## Study material
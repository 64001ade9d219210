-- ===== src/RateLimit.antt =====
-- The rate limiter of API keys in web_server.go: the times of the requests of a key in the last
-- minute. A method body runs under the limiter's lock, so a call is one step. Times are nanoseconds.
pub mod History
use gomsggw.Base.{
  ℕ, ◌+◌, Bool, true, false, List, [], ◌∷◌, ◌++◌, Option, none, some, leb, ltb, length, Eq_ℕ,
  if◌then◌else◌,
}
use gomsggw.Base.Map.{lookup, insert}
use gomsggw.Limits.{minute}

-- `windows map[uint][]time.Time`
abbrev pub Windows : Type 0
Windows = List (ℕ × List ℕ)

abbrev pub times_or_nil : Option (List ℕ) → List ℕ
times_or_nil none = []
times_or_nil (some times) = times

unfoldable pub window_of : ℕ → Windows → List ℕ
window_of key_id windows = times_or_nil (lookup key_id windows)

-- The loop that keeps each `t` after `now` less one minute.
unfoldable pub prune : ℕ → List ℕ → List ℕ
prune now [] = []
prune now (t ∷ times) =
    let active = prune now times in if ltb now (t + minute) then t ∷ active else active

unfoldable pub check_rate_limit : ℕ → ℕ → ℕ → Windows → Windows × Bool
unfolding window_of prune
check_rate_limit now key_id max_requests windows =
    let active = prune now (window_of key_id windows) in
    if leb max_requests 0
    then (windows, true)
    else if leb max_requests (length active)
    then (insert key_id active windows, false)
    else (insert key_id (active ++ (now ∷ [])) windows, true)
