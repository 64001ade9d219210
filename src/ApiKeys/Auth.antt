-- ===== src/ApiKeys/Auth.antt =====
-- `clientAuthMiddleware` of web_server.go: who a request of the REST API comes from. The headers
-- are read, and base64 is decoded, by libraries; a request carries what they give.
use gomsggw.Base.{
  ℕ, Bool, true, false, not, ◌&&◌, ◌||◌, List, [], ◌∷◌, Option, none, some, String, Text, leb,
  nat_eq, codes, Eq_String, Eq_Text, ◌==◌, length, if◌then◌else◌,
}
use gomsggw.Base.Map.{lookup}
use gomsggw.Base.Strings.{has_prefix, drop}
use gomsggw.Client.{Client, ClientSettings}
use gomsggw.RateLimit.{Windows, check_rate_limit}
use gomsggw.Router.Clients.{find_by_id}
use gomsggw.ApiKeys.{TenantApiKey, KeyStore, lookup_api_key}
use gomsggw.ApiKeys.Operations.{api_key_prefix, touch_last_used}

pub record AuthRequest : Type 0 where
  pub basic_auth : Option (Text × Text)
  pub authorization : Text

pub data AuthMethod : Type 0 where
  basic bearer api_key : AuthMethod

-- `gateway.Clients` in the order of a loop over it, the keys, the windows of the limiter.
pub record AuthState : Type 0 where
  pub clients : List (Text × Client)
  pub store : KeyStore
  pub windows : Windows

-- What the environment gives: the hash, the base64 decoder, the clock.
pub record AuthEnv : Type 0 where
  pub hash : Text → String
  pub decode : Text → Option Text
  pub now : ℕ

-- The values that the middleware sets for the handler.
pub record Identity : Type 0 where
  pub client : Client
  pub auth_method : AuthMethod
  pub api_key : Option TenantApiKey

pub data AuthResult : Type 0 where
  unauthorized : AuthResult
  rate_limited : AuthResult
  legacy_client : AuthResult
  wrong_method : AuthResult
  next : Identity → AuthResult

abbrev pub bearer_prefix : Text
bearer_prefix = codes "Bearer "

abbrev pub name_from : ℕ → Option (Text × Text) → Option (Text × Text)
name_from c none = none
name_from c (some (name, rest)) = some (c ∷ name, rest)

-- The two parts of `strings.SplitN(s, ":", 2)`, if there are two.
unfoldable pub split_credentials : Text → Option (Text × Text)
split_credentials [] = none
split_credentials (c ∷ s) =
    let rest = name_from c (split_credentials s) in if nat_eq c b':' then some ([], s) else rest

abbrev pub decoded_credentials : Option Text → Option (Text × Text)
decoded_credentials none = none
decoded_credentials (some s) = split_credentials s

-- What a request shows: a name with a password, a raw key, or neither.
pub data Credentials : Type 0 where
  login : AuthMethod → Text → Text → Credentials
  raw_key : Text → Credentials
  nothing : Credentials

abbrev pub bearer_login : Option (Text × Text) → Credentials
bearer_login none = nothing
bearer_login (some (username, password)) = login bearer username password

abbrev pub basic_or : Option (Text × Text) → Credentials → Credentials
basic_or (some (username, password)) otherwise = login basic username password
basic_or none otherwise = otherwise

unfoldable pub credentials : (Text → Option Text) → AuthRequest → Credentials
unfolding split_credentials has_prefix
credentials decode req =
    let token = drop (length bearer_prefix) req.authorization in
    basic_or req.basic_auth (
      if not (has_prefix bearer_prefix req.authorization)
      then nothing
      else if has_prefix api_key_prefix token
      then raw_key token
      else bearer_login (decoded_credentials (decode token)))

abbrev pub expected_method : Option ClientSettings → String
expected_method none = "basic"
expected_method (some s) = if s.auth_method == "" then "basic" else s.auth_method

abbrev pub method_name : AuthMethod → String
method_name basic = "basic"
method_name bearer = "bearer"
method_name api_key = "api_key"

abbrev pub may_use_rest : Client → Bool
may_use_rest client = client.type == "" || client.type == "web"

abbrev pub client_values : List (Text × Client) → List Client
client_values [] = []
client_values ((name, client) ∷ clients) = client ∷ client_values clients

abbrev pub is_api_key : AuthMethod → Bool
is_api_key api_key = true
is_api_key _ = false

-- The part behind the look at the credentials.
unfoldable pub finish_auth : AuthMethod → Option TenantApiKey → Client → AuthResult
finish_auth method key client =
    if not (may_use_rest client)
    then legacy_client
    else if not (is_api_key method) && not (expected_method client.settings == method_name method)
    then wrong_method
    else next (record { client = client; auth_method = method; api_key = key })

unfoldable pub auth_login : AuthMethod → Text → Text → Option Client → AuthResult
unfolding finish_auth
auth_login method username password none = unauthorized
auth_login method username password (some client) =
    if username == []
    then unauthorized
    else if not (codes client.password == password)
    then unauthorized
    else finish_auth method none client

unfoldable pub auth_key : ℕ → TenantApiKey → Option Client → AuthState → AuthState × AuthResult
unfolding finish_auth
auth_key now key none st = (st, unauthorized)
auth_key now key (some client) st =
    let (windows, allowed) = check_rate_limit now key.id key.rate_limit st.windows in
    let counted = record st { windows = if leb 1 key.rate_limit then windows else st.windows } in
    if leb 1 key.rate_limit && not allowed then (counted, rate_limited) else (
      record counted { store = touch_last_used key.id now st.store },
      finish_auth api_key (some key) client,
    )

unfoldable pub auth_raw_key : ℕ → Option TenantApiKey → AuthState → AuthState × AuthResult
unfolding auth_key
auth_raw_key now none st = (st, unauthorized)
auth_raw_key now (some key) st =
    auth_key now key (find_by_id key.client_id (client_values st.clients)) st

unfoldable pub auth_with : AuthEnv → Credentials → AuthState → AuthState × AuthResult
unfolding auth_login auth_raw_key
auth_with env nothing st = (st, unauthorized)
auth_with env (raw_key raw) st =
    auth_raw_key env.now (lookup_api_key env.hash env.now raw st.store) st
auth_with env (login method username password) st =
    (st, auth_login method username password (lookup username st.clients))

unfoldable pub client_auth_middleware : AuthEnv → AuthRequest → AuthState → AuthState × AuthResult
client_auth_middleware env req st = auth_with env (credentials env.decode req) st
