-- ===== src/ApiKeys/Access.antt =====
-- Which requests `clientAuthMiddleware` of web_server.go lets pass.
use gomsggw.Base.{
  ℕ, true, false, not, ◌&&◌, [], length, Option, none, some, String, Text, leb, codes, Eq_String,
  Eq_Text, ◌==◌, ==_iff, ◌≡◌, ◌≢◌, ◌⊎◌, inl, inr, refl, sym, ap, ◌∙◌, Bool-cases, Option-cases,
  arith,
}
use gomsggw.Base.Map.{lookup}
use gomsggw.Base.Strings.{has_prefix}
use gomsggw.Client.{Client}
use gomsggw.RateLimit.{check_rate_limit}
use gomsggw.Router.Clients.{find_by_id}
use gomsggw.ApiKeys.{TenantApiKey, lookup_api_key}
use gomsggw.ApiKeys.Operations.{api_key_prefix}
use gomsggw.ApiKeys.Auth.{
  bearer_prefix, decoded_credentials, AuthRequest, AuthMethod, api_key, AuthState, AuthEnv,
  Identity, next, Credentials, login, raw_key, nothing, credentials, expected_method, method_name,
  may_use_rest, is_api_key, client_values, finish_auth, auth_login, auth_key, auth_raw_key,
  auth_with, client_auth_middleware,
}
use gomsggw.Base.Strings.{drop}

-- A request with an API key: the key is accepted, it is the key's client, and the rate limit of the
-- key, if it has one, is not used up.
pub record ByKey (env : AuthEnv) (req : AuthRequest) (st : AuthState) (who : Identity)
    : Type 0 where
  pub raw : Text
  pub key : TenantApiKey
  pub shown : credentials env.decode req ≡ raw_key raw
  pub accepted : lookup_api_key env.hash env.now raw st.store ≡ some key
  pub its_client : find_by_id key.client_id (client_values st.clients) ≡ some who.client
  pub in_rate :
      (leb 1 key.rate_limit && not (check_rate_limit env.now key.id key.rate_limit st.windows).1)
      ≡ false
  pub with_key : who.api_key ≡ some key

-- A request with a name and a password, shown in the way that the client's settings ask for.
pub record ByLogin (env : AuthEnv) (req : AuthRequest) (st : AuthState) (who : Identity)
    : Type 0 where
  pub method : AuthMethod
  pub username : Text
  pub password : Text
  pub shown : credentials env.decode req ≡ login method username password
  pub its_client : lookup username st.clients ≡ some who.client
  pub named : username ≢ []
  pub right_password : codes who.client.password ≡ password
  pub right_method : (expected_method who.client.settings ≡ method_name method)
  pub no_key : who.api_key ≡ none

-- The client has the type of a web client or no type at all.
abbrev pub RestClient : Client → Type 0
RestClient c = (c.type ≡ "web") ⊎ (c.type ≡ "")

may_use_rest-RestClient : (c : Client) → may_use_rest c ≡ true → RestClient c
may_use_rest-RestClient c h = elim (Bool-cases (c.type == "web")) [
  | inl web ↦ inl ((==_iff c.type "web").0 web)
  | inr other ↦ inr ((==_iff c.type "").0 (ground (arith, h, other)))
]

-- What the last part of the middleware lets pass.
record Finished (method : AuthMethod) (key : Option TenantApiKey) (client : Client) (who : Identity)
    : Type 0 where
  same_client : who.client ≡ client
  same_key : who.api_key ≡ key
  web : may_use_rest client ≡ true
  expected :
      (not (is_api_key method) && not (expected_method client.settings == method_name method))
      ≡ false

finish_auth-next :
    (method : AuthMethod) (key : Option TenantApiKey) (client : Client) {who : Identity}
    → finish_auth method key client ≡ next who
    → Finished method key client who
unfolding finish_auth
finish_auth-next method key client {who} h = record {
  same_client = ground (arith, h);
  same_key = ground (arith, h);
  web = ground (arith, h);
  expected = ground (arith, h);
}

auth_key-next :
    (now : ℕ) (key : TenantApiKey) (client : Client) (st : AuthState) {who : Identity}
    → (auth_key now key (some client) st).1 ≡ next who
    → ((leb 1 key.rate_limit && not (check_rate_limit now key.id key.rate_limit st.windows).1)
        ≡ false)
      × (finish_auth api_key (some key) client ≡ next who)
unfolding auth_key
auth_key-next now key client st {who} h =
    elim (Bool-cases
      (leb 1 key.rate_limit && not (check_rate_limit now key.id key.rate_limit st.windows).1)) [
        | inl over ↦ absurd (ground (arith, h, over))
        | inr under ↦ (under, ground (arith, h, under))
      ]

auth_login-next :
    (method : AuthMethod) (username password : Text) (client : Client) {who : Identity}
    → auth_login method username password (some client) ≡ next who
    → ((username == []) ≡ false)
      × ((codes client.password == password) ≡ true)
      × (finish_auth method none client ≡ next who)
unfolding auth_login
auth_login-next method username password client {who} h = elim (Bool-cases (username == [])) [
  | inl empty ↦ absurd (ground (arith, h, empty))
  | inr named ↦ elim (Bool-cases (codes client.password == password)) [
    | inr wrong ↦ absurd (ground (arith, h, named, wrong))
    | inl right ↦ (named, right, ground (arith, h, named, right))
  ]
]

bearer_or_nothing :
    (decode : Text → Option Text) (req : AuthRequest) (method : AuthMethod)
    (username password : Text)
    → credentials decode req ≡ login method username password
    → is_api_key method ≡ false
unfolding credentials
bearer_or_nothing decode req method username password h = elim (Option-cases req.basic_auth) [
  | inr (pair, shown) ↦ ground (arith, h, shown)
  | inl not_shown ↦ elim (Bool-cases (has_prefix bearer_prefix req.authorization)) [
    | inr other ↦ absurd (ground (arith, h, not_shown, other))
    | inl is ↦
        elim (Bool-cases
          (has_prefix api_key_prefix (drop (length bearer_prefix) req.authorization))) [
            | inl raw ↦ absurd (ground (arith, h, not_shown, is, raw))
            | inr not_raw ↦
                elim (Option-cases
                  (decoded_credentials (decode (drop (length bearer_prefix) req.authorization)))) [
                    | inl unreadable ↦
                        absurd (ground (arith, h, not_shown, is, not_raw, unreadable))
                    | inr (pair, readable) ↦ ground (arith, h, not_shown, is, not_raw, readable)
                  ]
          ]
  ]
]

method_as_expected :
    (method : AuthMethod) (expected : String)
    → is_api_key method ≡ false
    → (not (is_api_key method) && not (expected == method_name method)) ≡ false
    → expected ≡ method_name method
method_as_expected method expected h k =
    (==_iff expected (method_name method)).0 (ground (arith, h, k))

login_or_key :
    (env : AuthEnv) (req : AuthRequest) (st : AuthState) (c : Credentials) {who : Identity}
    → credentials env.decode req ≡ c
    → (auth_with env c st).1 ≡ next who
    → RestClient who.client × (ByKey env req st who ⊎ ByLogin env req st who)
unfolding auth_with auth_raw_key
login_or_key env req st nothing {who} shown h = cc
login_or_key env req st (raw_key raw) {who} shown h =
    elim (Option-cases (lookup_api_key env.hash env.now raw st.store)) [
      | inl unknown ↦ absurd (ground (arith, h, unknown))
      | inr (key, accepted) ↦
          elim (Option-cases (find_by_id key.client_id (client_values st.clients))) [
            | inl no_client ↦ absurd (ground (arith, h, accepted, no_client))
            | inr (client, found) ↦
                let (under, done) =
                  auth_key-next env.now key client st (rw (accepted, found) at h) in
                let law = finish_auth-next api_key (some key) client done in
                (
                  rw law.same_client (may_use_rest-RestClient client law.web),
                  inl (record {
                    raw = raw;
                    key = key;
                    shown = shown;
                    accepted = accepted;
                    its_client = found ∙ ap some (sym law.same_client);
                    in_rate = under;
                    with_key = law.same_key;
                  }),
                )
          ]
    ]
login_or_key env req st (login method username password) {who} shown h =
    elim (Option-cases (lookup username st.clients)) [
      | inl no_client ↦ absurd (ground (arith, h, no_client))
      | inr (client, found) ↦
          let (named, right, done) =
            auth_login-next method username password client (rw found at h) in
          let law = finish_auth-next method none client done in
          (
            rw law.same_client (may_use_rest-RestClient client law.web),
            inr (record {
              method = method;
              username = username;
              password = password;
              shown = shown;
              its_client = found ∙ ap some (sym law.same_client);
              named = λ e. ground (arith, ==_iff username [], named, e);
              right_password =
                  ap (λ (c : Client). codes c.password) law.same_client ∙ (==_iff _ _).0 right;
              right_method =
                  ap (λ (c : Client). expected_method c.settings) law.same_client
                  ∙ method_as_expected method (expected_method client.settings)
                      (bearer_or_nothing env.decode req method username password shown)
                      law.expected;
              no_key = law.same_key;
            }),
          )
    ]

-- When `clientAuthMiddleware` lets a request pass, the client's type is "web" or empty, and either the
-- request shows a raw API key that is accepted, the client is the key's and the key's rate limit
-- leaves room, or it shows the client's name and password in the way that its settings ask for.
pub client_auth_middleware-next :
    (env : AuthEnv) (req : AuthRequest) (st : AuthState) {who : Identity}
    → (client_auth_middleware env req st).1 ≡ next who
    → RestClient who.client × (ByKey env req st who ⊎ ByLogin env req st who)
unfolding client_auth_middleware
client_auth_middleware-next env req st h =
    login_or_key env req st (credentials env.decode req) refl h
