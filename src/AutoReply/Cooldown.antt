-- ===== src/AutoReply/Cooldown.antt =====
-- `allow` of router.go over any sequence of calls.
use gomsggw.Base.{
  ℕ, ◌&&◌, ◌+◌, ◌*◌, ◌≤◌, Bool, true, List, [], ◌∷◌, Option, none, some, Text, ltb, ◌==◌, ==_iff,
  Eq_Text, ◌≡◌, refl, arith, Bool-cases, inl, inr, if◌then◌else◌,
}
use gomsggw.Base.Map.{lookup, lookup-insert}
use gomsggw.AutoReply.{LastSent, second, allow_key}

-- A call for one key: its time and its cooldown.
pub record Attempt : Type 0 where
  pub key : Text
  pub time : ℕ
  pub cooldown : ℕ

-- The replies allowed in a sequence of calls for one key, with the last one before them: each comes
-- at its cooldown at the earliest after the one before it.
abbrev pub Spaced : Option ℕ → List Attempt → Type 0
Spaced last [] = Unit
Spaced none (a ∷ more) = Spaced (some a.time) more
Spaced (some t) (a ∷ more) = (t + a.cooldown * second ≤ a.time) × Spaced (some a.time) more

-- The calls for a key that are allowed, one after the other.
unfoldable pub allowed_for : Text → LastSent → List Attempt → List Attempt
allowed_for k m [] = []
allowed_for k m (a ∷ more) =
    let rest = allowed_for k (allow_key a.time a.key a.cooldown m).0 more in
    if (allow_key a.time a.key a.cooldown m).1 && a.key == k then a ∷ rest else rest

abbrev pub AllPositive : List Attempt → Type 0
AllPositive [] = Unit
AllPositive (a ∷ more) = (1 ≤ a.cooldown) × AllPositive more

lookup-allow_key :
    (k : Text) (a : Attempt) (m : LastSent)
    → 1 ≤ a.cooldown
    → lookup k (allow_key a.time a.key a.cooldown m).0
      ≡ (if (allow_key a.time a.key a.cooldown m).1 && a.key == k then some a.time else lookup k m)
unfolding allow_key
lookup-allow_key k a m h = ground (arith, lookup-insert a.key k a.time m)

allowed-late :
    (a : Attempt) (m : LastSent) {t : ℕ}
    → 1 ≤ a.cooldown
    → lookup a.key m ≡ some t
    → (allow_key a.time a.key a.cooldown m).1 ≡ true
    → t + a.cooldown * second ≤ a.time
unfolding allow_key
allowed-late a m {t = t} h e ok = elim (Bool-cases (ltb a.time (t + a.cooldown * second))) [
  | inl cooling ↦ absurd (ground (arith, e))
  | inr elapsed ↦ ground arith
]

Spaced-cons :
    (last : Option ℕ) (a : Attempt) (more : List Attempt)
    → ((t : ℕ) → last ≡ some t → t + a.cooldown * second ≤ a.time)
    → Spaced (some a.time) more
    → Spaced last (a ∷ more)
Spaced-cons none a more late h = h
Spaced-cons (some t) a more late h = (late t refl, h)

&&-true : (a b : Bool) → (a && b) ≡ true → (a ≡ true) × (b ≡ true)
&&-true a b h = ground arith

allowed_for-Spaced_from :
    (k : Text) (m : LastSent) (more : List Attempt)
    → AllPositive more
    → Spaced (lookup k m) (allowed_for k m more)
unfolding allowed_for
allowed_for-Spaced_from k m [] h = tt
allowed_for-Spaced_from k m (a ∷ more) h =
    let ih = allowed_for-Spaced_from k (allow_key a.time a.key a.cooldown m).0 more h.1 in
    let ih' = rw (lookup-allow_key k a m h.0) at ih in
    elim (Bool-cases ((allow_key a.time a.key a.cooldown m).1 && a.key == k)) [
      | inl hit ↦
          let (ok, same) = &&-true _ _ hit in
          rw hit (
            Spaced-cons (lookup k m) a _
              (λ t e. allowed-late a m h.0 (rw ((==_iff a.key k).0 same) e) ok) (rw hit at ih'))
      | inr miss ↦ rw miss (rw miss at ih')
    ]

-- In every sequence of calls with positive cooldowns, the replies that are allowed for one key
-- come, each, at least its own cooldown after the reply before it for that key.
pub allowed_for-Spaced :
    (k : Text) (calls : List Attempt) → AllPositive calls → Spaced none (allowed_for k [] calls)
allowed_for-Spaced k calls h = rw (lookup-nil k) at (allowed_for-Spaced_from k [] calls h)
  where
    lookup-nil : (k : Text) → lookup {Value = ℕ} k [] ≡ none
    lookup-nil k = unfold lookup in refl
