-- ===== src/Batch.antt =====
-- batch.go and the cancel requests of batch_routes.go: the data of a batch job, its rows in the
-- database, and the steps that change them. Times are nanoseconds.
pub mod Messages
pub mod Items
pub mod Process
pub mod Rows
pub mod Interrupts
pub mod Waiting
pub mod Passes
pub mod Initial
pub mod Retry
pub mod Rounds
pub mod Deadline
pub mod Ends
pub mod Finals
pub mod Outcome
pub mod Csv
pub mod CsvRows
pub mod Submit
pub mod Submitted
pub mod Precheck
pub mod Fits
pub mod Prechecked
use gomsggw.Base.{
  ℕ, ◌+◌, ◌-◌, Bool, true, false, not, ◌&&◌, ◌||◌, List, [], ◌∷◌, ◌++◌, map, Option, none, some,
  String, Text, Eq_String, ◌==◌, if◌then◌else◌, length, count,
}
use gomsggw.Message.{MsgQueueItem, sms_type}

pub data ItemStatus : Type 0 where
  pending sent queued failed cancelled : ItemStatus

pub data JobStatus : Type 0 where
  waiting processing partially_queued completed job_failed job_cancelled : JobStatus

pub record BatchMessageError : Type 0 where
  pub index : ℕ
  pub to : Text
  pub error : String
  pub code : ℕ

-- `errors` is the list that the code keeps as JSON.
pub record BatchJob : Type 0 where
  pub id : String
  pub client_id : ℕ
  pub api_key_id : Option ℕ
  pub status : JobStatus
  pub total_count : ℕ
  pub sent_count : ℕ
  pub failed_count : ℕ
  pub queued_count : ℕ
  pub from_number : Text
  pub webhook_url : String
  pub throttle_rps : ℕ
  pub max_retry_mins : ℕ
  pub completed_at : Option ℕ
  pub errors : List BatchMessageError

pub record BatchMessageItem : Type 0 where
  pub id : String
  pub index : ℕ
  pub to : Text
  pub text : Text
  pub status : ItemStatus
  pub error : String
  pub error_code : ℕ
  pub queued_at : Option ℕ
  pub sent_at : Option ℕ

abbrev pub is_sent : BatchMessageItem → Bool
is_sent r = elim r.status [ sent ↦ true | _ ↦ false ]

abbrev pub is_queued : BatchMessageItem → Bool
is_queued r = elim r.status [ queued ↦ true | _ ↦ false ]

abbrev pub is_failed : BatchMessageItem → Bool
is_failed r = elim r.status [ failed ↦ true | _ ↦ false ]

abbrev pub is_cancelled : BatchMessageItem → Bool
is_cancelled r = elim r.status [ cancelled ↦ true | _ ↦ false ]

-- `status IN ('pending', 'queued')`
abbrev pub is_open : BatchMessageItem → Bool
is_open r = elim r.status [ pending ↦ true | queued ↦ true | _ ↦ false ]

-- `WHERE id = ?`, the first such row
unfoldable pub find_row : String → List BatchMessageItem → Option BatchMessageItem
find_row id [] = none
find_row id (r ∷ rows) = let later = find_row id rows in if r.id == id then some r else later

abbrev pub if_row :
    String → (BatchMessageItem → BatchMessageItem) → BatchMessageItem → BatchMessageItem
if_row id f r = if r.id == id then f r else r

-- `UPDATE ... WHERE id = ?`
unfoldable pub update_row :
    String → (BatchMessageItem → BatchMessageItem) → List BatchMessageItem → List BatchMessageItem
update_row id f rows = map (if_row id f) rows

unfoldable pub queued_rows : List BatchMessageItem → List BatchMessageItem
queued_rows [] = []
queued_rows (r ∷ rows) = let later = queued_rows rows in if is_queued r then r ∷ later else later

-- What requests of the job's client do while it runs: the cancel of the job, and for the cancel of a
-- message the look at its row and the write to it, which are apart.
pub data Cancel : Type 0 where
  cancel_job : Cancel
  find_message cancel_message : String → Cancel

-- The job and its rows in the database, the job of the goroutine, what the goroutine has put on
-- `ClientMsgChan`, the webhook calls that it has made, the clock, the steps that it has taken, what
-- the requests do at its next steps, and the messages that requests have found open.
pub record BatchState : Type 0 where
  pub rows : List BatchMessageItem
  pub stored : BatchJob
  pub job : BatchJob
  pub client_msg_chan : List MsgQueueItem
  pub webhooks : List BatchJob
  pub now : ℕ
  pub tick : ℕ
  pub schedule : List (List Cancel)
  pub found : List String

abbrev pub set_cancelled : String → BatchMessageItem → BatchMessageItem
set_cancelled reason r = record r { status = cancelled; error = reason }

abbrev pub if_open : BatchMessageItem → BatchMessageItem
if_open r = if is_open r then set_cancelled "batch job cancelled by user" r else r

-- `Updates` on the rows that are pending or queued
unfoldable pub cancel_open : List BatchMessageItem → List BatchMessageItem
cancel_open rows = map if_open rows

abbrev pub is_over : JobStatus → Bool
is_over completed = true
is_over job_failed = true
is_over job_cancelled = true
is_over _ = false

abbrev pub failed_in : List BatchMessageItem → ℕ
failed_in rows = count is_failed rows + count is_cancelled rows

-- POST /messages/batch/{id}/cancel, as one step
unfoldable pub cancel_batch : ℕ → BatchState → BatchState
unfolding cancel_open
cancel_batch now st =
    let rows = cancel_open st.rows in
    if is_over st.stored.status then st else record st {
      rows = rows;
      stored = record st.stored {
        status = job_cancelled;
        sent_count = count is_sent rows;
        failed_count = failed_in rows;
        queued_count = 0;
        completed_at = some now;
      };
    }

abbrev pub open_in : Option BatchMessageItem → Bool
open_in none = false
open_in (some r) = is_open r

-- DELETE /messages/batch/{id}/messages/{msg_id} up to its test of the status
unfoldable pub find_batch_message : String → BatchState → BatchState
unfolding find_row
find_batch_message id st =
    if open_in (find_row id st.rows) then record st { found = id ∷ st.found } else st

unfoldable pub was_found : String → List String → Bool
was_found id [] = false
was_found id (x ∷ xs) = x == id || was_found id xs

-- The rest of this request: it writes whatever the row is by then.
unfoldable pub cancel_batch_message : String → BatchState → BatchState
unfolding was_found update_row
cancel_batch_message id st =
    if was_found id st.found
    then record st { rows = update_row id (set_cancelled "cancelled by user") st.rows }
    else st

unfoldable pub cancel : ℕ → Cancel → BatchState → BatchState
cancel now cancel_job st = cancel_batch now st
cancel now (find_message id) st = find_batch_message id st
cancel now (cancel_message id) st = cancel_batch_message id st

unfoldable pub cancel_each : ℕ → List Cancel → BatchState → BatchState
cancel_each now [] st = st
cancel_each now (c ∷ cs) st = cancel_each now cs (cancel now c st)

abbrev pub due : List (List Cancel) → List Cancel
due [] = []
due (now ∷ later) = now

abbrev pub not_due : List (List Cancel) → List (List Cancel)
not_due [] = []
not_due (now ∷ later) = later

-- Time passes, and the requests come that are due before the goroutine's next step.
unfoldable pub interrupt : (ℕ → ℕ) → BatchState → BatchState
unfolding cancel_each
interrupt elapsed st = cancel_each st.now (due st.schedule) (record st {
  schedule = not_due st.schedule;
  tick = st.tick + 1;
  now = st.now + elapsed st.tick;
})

## Exercise prompt
Search the data above for the word "Identity" and report how many lines contain it, with nothing further.

## Solved problem
11